Combat, babyMature


Chapter _; book i
Working chapter title: Combat, baby

She stretched her legs out on the bed, curling her toes and watching the light reflect off her purple nail polish.  Her legs were bare up until the frayed ends of her jean shorts.  Her midnight blue fitted top criss-crossed in the back.  Outside of the hotel window, the rain poured down in torrents.  It had been raining for three hours, with no signs of slowing.  She flipped through the channels on the video stream, bored and impatient, until she began cycling through them a second time.  She threw  the remote to the bed and sighed, rubbing her eyes.

What was she doing here?  She had work the next morning, and so many errands she should have been running...  She was going to be behind for days.

That note, she thought, if she weren't so curious about that stupid, cryptic note, she would have been curled up in her own bed by now, sleeping.  Enjoying the few hours of sleep she was no longer going to be getting.  But that note, she thought, there was just something so unrelenting about the way it stormed through her thoughts.  She couldn't shake it.  Like cobwebs accidentally walked through, it covered her, haunted her.
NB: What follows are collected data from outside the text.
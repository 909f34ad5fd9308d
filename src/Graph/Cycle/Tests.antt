-- ===== src/Graph/Cycle/Tests.antt =====
-- Runs of the cycle check: a chain of two edges, and two nodes that read each other.
use nazh.Base.{ℕ, ◌≡◌, ◌↔◌, refl, none, String, [], ◌∷◌, ◌++◌, inl, inr, length, lookup, insert}
use nazh.Graph.Types.{WorkflowEdge, value_cyclic}
use nazh.Graph.Classify.{ClassifiedEdges}
use nazh.Graph.Topology.{zeros}
use nazh.Graph.Cycle.{
  touch, count_target, push_target, add_names, relax_names, consume, non_exec_cycle,
  detect_non_exec_edge_cycle,
}
use nazh.Graph.Cycle.Positions.{IsRanked}
use nazh.Graph.Cycle.Ranked.{accepted_iff_IsRanked}

abbrev link : String → String → WorkflowEdge
link source target = record {
  from = source;
  to = target;
  source_port_id = none;
  target_port_id = none;
  backpressure_policy = none;
}

abbrev chain : ClassifiedEdges
chain = record {
  exec_edges = link "c" "a" ∷ [];
  data_edges = link "a" "b" ∷ [];
  reactive_edges = link "b" "c" ∷ [];
}

chain_accepted : detect_non_exec_edge_cycle chain ≡ inr tt
unfolding detect_non_exec_edge_cycle non_exec_cycle add_names touch count_target push_target consume
    relax_names zeros lookup insert
chain_accepted = refl

loop_refused :
    detect_non_exec_edge_cycle (record chain { reactive_edges = link "b" "a" ∷ [] })
    ≡ inl value_cyclic
unfolding detect_non_exec_edge_cycle non_exec_cycle add_names touch count_target push_target consume
    relax_names zeros lookup insert
loop_refused = refl

accepted_iff_IsRanked_example :
    let es = chain.data_edges ++ chain.reactive_edges in
    let d = add_names es ([], []) in
    ((consume (length d.0) d.1 d.0 (zeros d.0) 0).0 ≡ [])
    × ((detect_non_exec_edge_cycle chain ≡ inr tt) ↔ ((rank : String → ℕ) × IsRanked rank es))
accepted_iff_IsRanked_example = accepted_iff_IsRanked chain
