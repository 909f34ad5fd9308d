-- ===== src/Graph/EdgeWindow.antt =====
-- The statistics of one edge, crates/graph/src/edge_window.rs. What a call emits is the list of its
-- events; whether the event channel takes them (`try_send`) does not change the window. A time is the
-- number of nanoseconds of the monotonic clock. A `+=` stands for the exact sum: the counters of one
-- window have 64 bits.
use nazh.Base.{
  ℕ, suc, ◌+◌, ◌-◌, ◌*◌, ◌≤◌, max, Bool, true, false, not, ◌&&◌, ◌||◌, String, List, [], ◌∷◌, ◌++◌,
  ltb, leb, ◌==◌, if◌then◌else◌,
}
use nazh.Core.Pin.{PinKind}
use nazh.Graph.Types.{BackpressurePolicy}
pub mod Reports
pub mod Accounts
mod Tests

pub record EdgeWindow : Type 0 where
  pub from_pin : String
  pub to_node : String
  pub to_pin : String
  pub edge_kind : PinKind
  pub channel_capacity : ℕ
  pub transmit_count : ℕ
  pub max_queue_depth : ℕ
  pub queue_depth_sum : ℕ
  pub total_payload_bytes : ℕ
  pub window_start : ℕ
  pub backpressure_reported : Bool
  pub policy : BackpressurePolicy
  pub dropped_in_window : ℕ

-- the average depth of the queue is the quotient of `queue_depth_sum` and `transmit_count`
pub record EdgeTransmitSummary : Type 0 where
  pub from_node : String
  pub from_pin : String
  pub to_node : String
  pub to_pin : String
  pub edge_kind : PinKind
  pub transmit_count : ℕ
  pub max_queue_depth : ℕ
  pub queue_depth_sum : ℕ
  pub total_payload_bytes : ℕ
  pub window_started_at : ℕ
  pub window_ended_at : ℕ

pub record BackpressureDetected : Type 0 where
  pub at_node : String
  pub incoming_pin : String
  pub channel_capacity : ℕ
  pub channel_depth : ℕ
  pub policy : BackpressurePolicy
  pub dropped_since_last_report : ℕ
  pub detected_at : ℕ

pub data WindowEvent : Type 0 where
  backpressure : BackpressureDetected → WindowEvent
  summary : EdgeTransmitSummary → WindowEvent

-- 100 ms
abbrev pub edge_window_duration : ℕ
edge_window_duration = 100000000

-- `EdgeWindow::new`
abbrev pub new_window : String → String → String → PinKind → ℕ → BackpressurePolicy → ℕ → EdgeWindow
new_window from_pin to_node to_pin edge_kind channel_capacity policy now = record {
  from_pin = from_pin;
  to_node = to_node;
  to_pin = to_pin;
  edge_kind = edge_kind;
  channel_capacity = channel_capacity;
  transmit_count = 0;
  max_queue_depth = 0;
  queue_depth_sum = 0;
  total_payload_bytes = 0;
  window_start = now;
  backpressure_reported = false;
  policy = policy;
  dropped_in_window = 0;
}

abbrev pub report_due : ℕ → EdgeWindow → Bool
report_due queue_depth w =
    not w.backpressure_reported
    && ltb 0 w.channel_capacity
    && leb (w.channel_capacity * 8) (queue_depth * 10)

-- `record`, without its log line, which alone names the edge's source
unfoldable pub record_transmit : ℕ → ℕ → ℕ → EdgeWindow → List WindowEvent × EdgeWindow
record_transmit queue_depth payload_bytes now w =
    let counted : EdgeWindow = record w {
      transmit_count = w.transmit_count + 1;
      max_queue_depth = max w.max_queue_depth queue_depth;
      queue_depth_sum = w.queue_depth_sum + queue_depth;
      total_payload_bytes = w.total_payload_bytes + payload_bytes;
    } in
    if report_due queue_depth w
    then (
      backpressure (record {
        at_node = w.to_node;
        incoming_pin = w.to_pin;
        channel_capacity = w.channel_capacity;
        channel_depth = queue_depth;
        policy = w.policy;
        dropped_since_last_report = w.dropped_in_window;
        detected_at = now;
      })
          ∷ [],
      record counted { backpressure_reported = true },
    )
    else ([], counted)

unfoldable pub record_drop : EdgeWindow → EdgeWindow
record_drop w = record w { dropped_in_window = w.dropped_in_window + 1 }

unfoldable pub do_flush : String → ℕ → EdgeWindow → List WindowEvent × EdgeWindow
do_flush from_node now w = (
  summary (record {
    from_node = from_node;
    from_pin = w.from_pin;
    to_node = w.to_node;
    to_pin = w.to_pin;
    edge_kind = w.edge_kind;
    transmit_count = w.transmit_count;
    max_queue_depth = w.max_queue_depth;
    queue_depth_sum = w.queue_depth_sum;
    total_payload_bytes = w.total_payload_bytes;
    window_started_at = w.window_start;
    window_ended_at = now;
  })
      ∷ [],
  record w {
    transmit_count = 0;
    max_queue_depth = 0;
    queue_depth_sum = 0;
    total_payload_bytes = 0;
    backpressure_reported = false;
    dropped_in_window = 0;
    window_start = now;
  },
)

unfoldable pub flush_if_ready : String → ℕ → EdgeWindow → List WindowEvent × EdgeWindow
unfolding do_flush
flush_if_ready from_node now w =
    if w.transmit_count == 0 || ltb (now - w.window_start) edge_window_duration
    then ([], w)
    else do_flush from_node now w

unfoldable pub force_flush : String → ℕ → EdgeWindow → List WindowEvent × EdgeWindow
unfolding do_flush
force_flush from_node now w = if w.transmit_count == 0 then ([], w) else do_flush from_node now w

-- what the runner does with a window
pub data WindowOp : Type 0 where
  transmit : ℕ → ℕ → ℕ → WindowOp
  discard : WindowOp
  tick : ℕ → WindowOp

unfoldable pub step : String → WindowOp → EdgeWindow → List WindowEvent × EdgeWindow
unfolding record_transmit record_drop flush_if_ready
step from_node (transmit queue_depth bytes now) w = record_transmit queue_depth bytes now w
step from_node discard w = ([], record_drop w)
step from_node (tick now) w = flush_if_ready from_node now w

-- the runner's loop over one edge, which ends with `force_flush`
unfoldable pub run : String → List WindowOp → ℕ → EdgeWindow → List WindowEvent × EdgeWindow
unfolding step force_flush
run from_node [] end w = force_flush from_node end w
run from_node (op ∷ ops) end w =
    let out = step from_node op w in
    let rest = run from_node ops end out.1 in (out.0 ++ rest.0, rest.1)
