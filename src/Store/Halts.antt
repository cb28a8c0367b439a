-- ===== src/Store/Halts.antt =====
-- An action stops at the first of its statements that fails.
use cluster_recorder.Prelude.{
  ◌≡◌, refl, sym, ap, ◌∙◌, Bool, true, false, ◌||◌, List, [], ◌∷◌, ◌++◌, any, arith, Bool-cases,
  inl, inr,
}
use cluster_recorder.Store.Tables.{Tables}
use cluster_recorder.Store.Db.{
  failed, Result, ok, err, Db, Action, pure, run_with, statement, query, continue, ◌>>=◌, Keeps,
  Keeps-pure, Keeps-query, Keeps-bind,
}

abbrev pub has_failure : List Bool → Bool
has_failure = any (λ b. b)

-- The outcomes of the statements that have run come first; if one of them is a failure, so is the result.
abbrev pub Stopped : {A : Type 0} → A → List Bool → A → List Bool → Type 0
Stopped r fs failure rest =
    (ran : List Bool) × (fs ≡ ran ++ rest) × (has_failure ran ≡ true → r ≡ failure)

pub record Halts {A : Type 0} (m : Action A) : Type 0 where
  pub at : (db : Db) → Stopped (m db).0 db.faults (err failed) (m db).1.faults

any-append : (xs ys : List Bool) → has_failure (xs ++ ys) ≡ (has_failure xs || has_failure ys)
any-append [] ys = refl
any-append (x ∷ xs) ys = ground (arith, any-append xs ys)

append_assoc : (xs ys zs : List Bool) → (xs ++ ys) ++ zs ≡ xs ++ (ys ++ zs)
append_assoc [] ys zs = refl
append_assoc (x ∷ xs) ys zs = ap (λ ws. x ∷ ws) (append_assoc xs ys zs)

-- One action after another that has not failed.
pub Stopped-append :
    {A B : Type 0} (fs gs hs : List Bool) (r failure : A) (q failure' : B)
    → (r ≡ failure → q ≡ failure')
    → Stopped r fs failure gs
    → Stopped q gs failure' hs
    → Stopped q fs failure' hs
Stopped-append fs gs hs r failure q failure' on (ran, e, h) (ran', e', h') = (
  ran ++ ran',
  e ∙ ap (λ ws. ran ++ ws) e' ∙ sym (append_assoc ran ran' hs),
  λ some_failed. elim (Bool-cases (has_failure ran)) [
    | inl first ↦ on (h first)
    | inr not_first ↦ h' (ground (arith, any-append ran ran'))
  ],
)

module _ {A : Type 0} where
  pub Halts-pure : (a : A) → Halts (pure a)
  Halts-pure a = record { at = λ db. ([], refl, λ h. absurd (cc)) }

  run_with-Stopped :
      (a : Tables → A) (f : Tables → Tables) (fs : List Bool) (db : Db)
      → db.faults ≡ fs
      → Stopped (run_with a f fs db).0 fs (err failed) (run_with a f fs db).1.faults
  run_with-Stopped a f [] db e = ([], sym e, λ h. absurd (cc))
  run_with-Stopped a f (false ∷ fs) db e = (false ∷ [], refl, λ h. absurd (cc))
  run_with-Stopped a f (true ∷ fs) db e = (true ∷ [], refl, λ h. refl)

  pub Halts-statement : (a : Tables → A) (f : Tables → Tables) → Halts (statement a f)
  unfolding statement
  Halts-statement a f = record { at = λ db. run_with-Stopped a f db.faults db refl }

module _ {A B : Type 0} where
  continue-Stopped :
      (fs : List Bool) (r : Result A) (db : Db) (f : A → Action B)
      → Stopped r fs (err failed) db.faults
      → ((a : A) → Halts (f a))
      → Stopped (continue r f db).0 fs (err failed) (continue r f db).1.faults
  continue-Stopped fs (ok a) db f s h =
      Stopped-append fs db.faults _ (ok a) (err failed) _ (err failed) (λ e. absurd (cc)) s
        ((h a).at db)
  continue-Stopped fs (err e) db f (ran, eq, h) k =
      (ran, eq, λ some_failed. let same : e ≡ failed = cc (h some_failed) in ap (λ x. err x) same)

  pub Halts-bind :
      (m : Action A) (f : A → Action B) → Halts m → ((a : A) → Halts (f a)) → Halts (m >>= f)
  unfolding ◌>>=◌
  Halts-bind m f hm hf = record {
    at = λ db. let (r, db') = m db in continue-Stopped db.faults r db' f (hm.at db) hf;
  }

-- An action that keeps `P` and stops at a failure.
pub record Runs {A : Type 0} (P : Tables → Type 0) (m : Action A) : Type 0 where
  pub keeps : Keeps P m
  pub halts : Halts m

module _ {P : Tables → Type 0} where
  pub Runs-pure : {A : Type 0} (a : A) → Runs P (pure a)
  Runs-pure a = record { keeps = Keeps-pure a; halts = Halts-pure a }

  pub Runs-query : {A : Type 0} (a : Tables → A) → Runs P (query a)
  Runs-query a = record { keeps = Keeps-query a; halts = Halts-statement a (λ t. t) }

  pub Runs-bind :
      {A B : Type 0} (m : Action A) (f : A → Action B)
      → Runs P m
      → ((a : A) → Runs P (f a))
      → Runs P (m >>= f)
  Runs-bind m f rm rf = record {
    keeps = Keeps-bind m f rm.keeps (λ a. (rf a).keeps);
    halts = Halts-bind m f rm.halts (λ a. (rf a).halts);
  }
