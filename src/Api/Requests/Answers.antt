-- ===== src/Api/Requests/Answers.antt =====
-- What a request can do to the store, and that it is answered.
use cluster_recorder.Prelude.{
  ◌≡◌, refl, String, Bool, true, false, Option, none, some, List, [], ◌∷◌, ◌++◌, if◌then◌else◌, ◌⊎◌,
  inl, inr, Bool-cases,
}
use cluster_recorder.Sample.{Time, Snapshot, Invalid, validate_snapshot, source_api, source_agent}
use cluster_recorder.Store.Tables.{Tables}
use cluster_recorder.Store.Db.{Db, Result, ok, err, failed, Action, pure, Keeps}
use cluster_recorder.Store.Halts.{
  Halts, Halts-pure, Halts-statement, Halts-bind, Runs, Runs-pure, Runs-query, Runs-bind, Stopped,
  Stopped-append, has_failure,
}
use cluster_recorder.Store.Events.{EventQuery, events as events_of}
use cluster_recorder.Store.Pods.{pod_transitions}
use cluster_recorder.Store.Changes.{changes, put_changes}
use cluster_recorder.Store.Timeline.{timeline as timeline_of}
use cluster_recorder.Store.Incidents.{Incident, incidents as incidents_of}
use cluster_recorder.Store.Snapshots.{
  put_snapshot, latest_snapshot, baseline, snapshots as snapshots_of,
}
use cluster_recorder.Store.Snapshots.Nodes.{nodes as nodes_of}
use cluster_recorder.Dict.{Dict}
use cluster_recorder.Diff.{Change}
use cluster_recorder.Api.{
  Response, failure, answer, checked, posted, agent_snapshot, SourceDiff, store_posted,
  incident_list, attempt, with_current, diff_sources, diff, attach_changes, incidents,
}
use cluster_recorder.Api.Requests.{
  Server, Request, get_healthz, get_readyz, get_openapi, get_events, get_nodes, get_timeline,
  get_snapshots, get_diff, get_incidents, post_agent_snapshot, get_agent_hints, Query, time_range,
  within, events, nodes, timeline, snapshots, incidents_in, agent_hints, readyz, handle,
}

-- The requests that only read.
abbrev pub is_get : Request → Bool
is_get (post_agent_snapshot body) = false
is_get _ = true

-- An action that keeps `P` of the tables, whichever statements fail, and that answers with 500 when one
-- of the statements that it has run failed.
pub record Served (P : Tables → Type 0) (m : Action Response) : Type 0 where
  pub at :
      (db : Db)
      → P db.tables
      → P (m db).1.tables × Stopped (m db).0 db.faults (ok (failure 500)) (m db).1.faults

module _ (P : Tables → Type 0) where
  Served-pure : (r : Response) → Served P (pure r)
  Served-pure r = record { at = λ db h. (h, ([], refl, λ e. absurd (cc))) }

  Served-if :
      (b : Bool) (m n : Action Response) → Served P m → Served P n → Served P (if b then m else n)
  Served-if true m n sm sn = sm
  Served-if false m n sm sn = sn

  answer-Served :
      {A : Type 0} (fs : List Bool) (r : Result A) (k : A → Action Response) (db : Db)
      → ((a : A) → Served P (k a))
      → P db.tables
      → Stopped r fs (err failed) db.faults
      → P (answer r k db).1.tables
        × Stopped (answer r k db).0 fs (ok (failure 500)) (answer r k db).1.faults
  unfolding answer
  answer-Served fs (ok a) k db sk h s =
      let (kept, stopped) = (sk a).at db h in
      (
        kept,
        Stopped-append fs db.faults _ (ok a) (err failed) _ (ok (failure 500)) (λ e. absurd (cc)) s
            stopped,
      )
  answer-Served fs (err e) k db sk h (ran, eq, s) = (h, (ran, eq, λ some_failed. refl))

  -- An error of the store is answered too.
  Served-attempt :
      {A : Type 0} (m : Action A) (k : A → Action Response)
      → Runs P m
      → ((a : A) → Served P (k a))
      → Served P (attempt m k)
  unfolding attempt
  Served-attempt m k rm sk = record {
    at = λ db h.
        let (r, db') = m db in
        answer-Served db.faults r k db' sk (rm.keeps.at db h) (rm.halts.at db);
  }

  Served-within :
      (range : Option (Time × Time)) (k : Time → Time → Action Response)
      → ((from to : Time) → Served P (k from to))
      → Served P (within range k)
  unfolding within
  Served-within none k sk = Served-pure (failure 400)
  Served-within (some (from, to)) k sk = sk from to

  -- A handler that makes one query and answers.
  Served-answer :
      {A : Type 0} (m : Action A) (f : A → Response)
      → Runs P m
      → Served P (attempt m (λ a. pure (f a)))
  Served-answer m f km = Served-attempt m (λ a. pure (f a)) km (λ a. Served-pure (f a))

  Runs-events : (q : EventQuery) → Runs P (events_of q)
  unfolding events_of
  Runs-events q = Runs-query _

  Runs-changes : (node : String) (from to : Time) → Runs P (changes node from to)
  unfolding changes
  Runs-changes node from to = Runs-query _

  Runs-transitions : (node : String) (from to : Time) → Runs P (pod_transitions node from to)
  unfolding pod_transitions
  Runs-transitions node from to = Runs-query _

  Runs-timeline : (node : String) (from to : Time) → Runs P (timeline_of node from to)
  unfolding timeline_of
  Runs-timeline node from to = Runs-bind (changes node from to) _ (Runs-changes node from to) λ cs.
      Runs-bind (events_of _) _ (Runs-events _) λ es.
        Runs-bind (pod_transitions node from to) _ (Runs-transitions node from to) λ ts. Runs-pure _

  Served-attach : (done incs : List Incident) → Served P (attach_changes done incs)
  unfolding attach_changes
  Served-attach done [] = Served-pure (incident_list done)
  Served-attach done (inc ∷ incs) =
      Served-attempt (changes "" _ _) _ (Runs-changes "" _ _) λ cs. Served-attach _ incs

  Served-incidents : (from to : Time) (d o : Bool) → Served P (incidents from to d o)
  unfolding incidents incidents_of
  Served-incidents from to d o = Served-attempt _ _ (Runs-query _) (Served-attach [])

  Served-with_current :
      (node src : String) (cur : Option Snapshot) (out : Dict SourceDiff)
      (k : Dict SourceDiff → Action Response)
      → ((out : Dict SourceDiff) → Served P (k out))
      → Served P (with_current node src cur out k)
  unfolding with_current baseline
  Served-with_current node src none out k kk = kk out
  Served-with_current node src (some cur) out k kk =
      Served-attempt (baseline node src) _ (Runs-query _) λ base. kk _

  Served-diff_sources :
      (node : String) (srcs : List String) (out : Dict SourceDiff)
      → Served P (diff_sources node srcs out)
  unfolding diff_sources latest_snapshot
  Served-diff_sources node [] out = Served-pure _
  Served-diff_sources node (src ∷ srcs) out =
      Served-attempt (latest_snapshot node src) _ (Runs-query _)
        λ cur. Served-with_current node src cur out _ (Served-diff_sources node srcs)

  -- A GET keeps whatever holds of the tables.
  handle-Served :
      (s : Server) (now : Time) (r : Request) → is_get r ≡ true → Served P (handle s now r)
  unfolding handle events nodes timeline snapshots incidents_in agent_hints readyz diff nodes_of
      snapshots_of
  handle-Served s now get_healthz h = Served-pure _
  handle-Served s now get_readyz h = Served-if _ _ _ (Served-pure _) (Served-pure _)
  handle-Served s now get_openapi h = Served-pure _
  handle-Served s now (get_events q) h =
      Served-within (time_range q now) _ λ from to. Served-answer (events_of _) _ (Runs-events _)
  handle-Served s now get_nodes h = Served-answer nodes_of _ (Runs-query _)
  handle-Served s now (get_timeline node q) h =
      Served-within (time_range q now) _
        λ from to. Served-answer (timeline_of node from to) _ (Runs-timeline node from to)
  handle-Served s now (get_snapshots node q) h =
      Served-within (time_range q now) _
        λ from to. Served-answer (snapshots_of node from to) _ (Runs-query _)
  handle-Served s now (get_diff node against) h =
      Served-if _ _ _ (Served-pure _) (Served-diff_sources node (source_api ∷ source_agent ∷ []) [])
  handle-Served s now (get_incidents q) h =
      Served-within (time_range q now) _ λ from to. Served-incidents from to _ _
  handle-Served s now (post_agent_snapshot body) h = absurd (cc)
  handle-Served s now (get_agent_hints node) h = Served-if _ _ _ (Served-pure _) (Served-pure _)

-- A GET leaves the tables as they are, whichever statements fail.
pub handle_read_only :
    (s : Server) (now : Time) (r : Request) (db : Db)
    → is_get r ≡ true
    → (handle s now r db).1.tables ≡ db.tables
handle_read_only s now r db h = ((handle-Served (λ t. t ≡ db.tables) s now r h).at db refl).0

put_snapshot-Halts : (s : Snapshot) → Halts (put_snapshot s)
unfolding put_snapshot
put_snapshot-Halts s = Halts-bind _ _ (Halts-statement _ _) λ id. Halts-pure _

put_changes-Halts : (cs : List Change) → Halts (put_changes cs)
unfolding put_changes
put_changes-Halts [] = Halts-pure tt
put_changes-Halts (c ∷ cs) = Halts-bind _ _ (Halts-statement _ _) λ _. put_changes-Halts cs

runs : {A : Type 0} {P : Tables → Type 0} {m : Action A} → Keeps P m → Halts m → Runs P m
runs k h = record { keeps = k; halts = h }

-- Every request keeps what the statements of a posted sample keep.
module _ (P : Tables → Type 0) (stores : (s : Snapshot) → Keeps P (put_snapshot s))
    (records : (cs : List Change) → Keeps P (put_changes cs)) where
  checked-Served : (o : Option Invalid) (snap : Snapshot) → Served P (checked o snap)
  unfolding checked store_posted latest_snapshot
  checked-Served none snap =
      Served-attempt P (latest_snapshot snap.node source_agent) _ (Runs-query _) λ prev.
        Served-attempt P (put_snapshot snap) _ (runs (stores snap) (put_snapshot-Halts snap))
          λ stored.
            Served-attempt P (put_changes _) _ (runs (records _) (put_changes-Halts _))
              λ _. Served-pure P _
  checked-Served (some e) snap = Served-pure P (failure 400)

  post-Served : (now : Time) (body : Option Snapshot) → Served P (agent_snapshot now body)
  unfolding agent_snapshot
  post-Served now none = Served-pure P (failure 400)
  post-Served now (some s) = checked-Served (validate_snapshot (posted now s)) (posted now s)

  pub served : (s : Server) (now : Time) (r : Request) → Served P (handle s now r)
  unfolding handle
  served s now (post_agent_snapshot body) = post-Served now body
  served s now get_healthz = handle-Served P s now get_healthz refl
  served s now get_readyz = handle-Served P s now get_readyz refl
  served s now get_openapi = handle-Served P s now get_openapi refl
  served s now (get_events q) = handle-Served P s now (get_events q) refl
  served s now get_nodes = handle-Served P s now get_nodes refl
  served s now (get_timeline node q) = handle-Served P s now (get_timeline node q) refl
  served s now (get_snapshots node q) = handle-Served P s now (get_snapshots node q) refl
  served s now (get_diff node against) = handle-Served P s now (get_diff node against) refl
  served s now (get_incidents q) = handle-Served P s now (get_incidents q) refl
  served s now (get_agent_hints node) = handle-Served P s now (get_agent_hints node) refl

abbrev Anything : Tables → Type 0
Anything t = Unit {0}

Keeps-Anything : {A : Type 0} (m : Action A) → Keeps Anything m
Keeps-Anything m = record { at = λ db h. tt }

-- A request during which a statement fails, whichever it is, is answered with 500: of the outcomes that
-- the statements were to have, those of the statements that have run are gone, and if one of these was a
-- failure, the answer is 500.
pub handle_failure :
    (s : Server) (now : Time) (r : Request) (db : Db)
    → (ran : List Bool) × (db.faults ≡ ran ++ (handle s now r db).1.faults)
      × ((has_failure ran ≡ false) ⊎ ((handle s now r db).0 ≡ ok (failure 500)))
handle_failure s now r db =
    let (ran, split, stopped) =
      ((served Anything (λ s. Keeps-Anything _) (λ cs. Keeps-Anything _) s now r).at db tt).1 in
    (
      ran,
      split,
      elim (Bool-cases (has_failure ran)) [
        | inl some_failure ↦ inr (stopped some_failure)
        | inr no_failure ↦ inl no_failure
      ],
    )

-- A range that cannot be read, or that ends before it begins, is answered with 400 by all handlers that
-- take one, and no statement is run.
pub handle_bad_range :
    (s : Server) (now : Time) (q : Query) (node : String) (db : Db)
    → time_range q now ≡ none
    → (handle s now (get_events q) db ≡ (ok (failure 400), db))
      × (handle s now (get_timeline node q) db ≡ (ok (failure 400), db))
      × (handle s now (get_snapshots node q) db ≡ (ok (failure 400), db))
      × (handle s now (get_incidents q) db ≡ (ok (failure 400), db))
unfolding handle events timeline snapshots incidents_in
handle_bad_range s now q node db h = (rw h refl, rw h refl, rw h refl, rw h refl)
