-- ===== src/Store/Tables/Times.antt =====
-- Milliseconds and times.
use cluster_recorder.Prelude.{ℕ, ◌≤◌, ◌<◌, ◌+◌, ◌≡◌, arith}
use cluster_recorder.Sample.{Time}
use cluster_recorder.Store.Tables.{ms, from_ms}

-- A time that was read from a row goes back into the row as it was.
pub ms-from_ms : (v : ℕ) → ms (from_ms v) ≡ v
unfolding ms from_ms
ms-from_ms v = omega arith

-- Storing a time loses less than a millisecond, and never moves it on.
pub from_ms-ms_bounds : (t : Time) → (from_ms (ms t) ≤ t) × (t < from_ms (ms t) + 1_000_000)
unfolding ms from_ms
from_ms-ms_bounds t = omega arith

pub ms_mono : (s t : Time) → s ≤ t → ms s ≤ ms t
unfolding ms
ms_mono s t h = omega arith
The clock on the bedside table read 11:16, the neon blue light glowing from the darkness of the corner stand.

She lifted the note from the pillow beside her, a small, scribbled message on the back of a worn out postcard, and read it for the hundredth time.

Code word Grendel.  Tonight; 11:25.  
Tell no one.

She didn't want to look up at the clock again.  She knew the mounting weight of agonizing seconds, pregnant with pretense and expectation, and wanted none of it.

She re-read the note.  Who knew that nickname?  Who knew their code system?  She shook her head, one hand buried, knuckle deep, in the roots of her hair as she mulled over her endless sea of questions.  What did they want from her?  

Wasn't it enough that she may never see him again?  Must someone torment her?  Provoke her?

Was it all a trap?

Feeling vulnerable, she pulled her feet in, tucking them beneath her thighs and curling against the headboard.   She hated not having the answers, hated feeling helpless.  Thunder cracked outside, spooking her further.  Beneath the pillow behind her, she kept her Walthers 22, just waiting for her to grab it up.

Her stomach was twisted into knots, tight and pulsating with worry.  She almost felt she would be sick, but the moment passed and she continued trying to ignore the clock.

A knock sounded at the door, low, and only once, and she jumped clear off the bed.  She didn't remember deliberately reaching for the gun, but it was in her hand, safety off.  Her arm raised, aiming for the door.  She glanced to the clock for confirmation.


She crept to the door on her tip toes, instinctively raising herself up to where she felt most balanced.  She turned on the small monitor by the door but the man standing outside wasn't visible.  She couldn't see his face beneath the hood he wore, but his posture and shoulder width were distinctly masculine.  The rain made the video stream unclear.

With one hand, she unlocked the door and swung it open quickly, synchroneously swinging her pistol to follow her step, aiming before her eyes even focused completely.

The hood was a dark grey, soaking wet and dripping water onto his face.  He was scruffy looking, unshaven, battered, and dirty, but she knew him on sight.  Her Walthers clattered to the carpet and she flung herself through the doorway, her arms around his neck before he even looked up from the gun on the floor.

"Oh my God!"  She was crying, she didn't know when it had started, but with every word she blubbered out, the choking sobs got louder and stronger.  She repeated his name over and over again, desperate to convince herself she wasn't seeing things.  He was real this time.  She could smell the dankness of his sopping clothes, feel the rough hair on his chin against her neck, feel the press of his weight against her.  He was flesh and bone, not a pile of pillows and loneliness, that was his heartbeat pounding in his ribcage.  She clung to him and cried, cried for the first time since she'd received his last video.  All the unshed tears escaped, swallowing her whole in the ocean of them, consuming her.   Every suppressed moment of terror, of swelling desolation, of burning, ceaseless longing, rushed over her.  Filled her until she was bursting, almost exploding out of her own skin with the force of this one small moment.

Pilot said nothing.  Even though his arms shook, he lifted her from her feet and carried them into the safety of the room, kicking the door closed.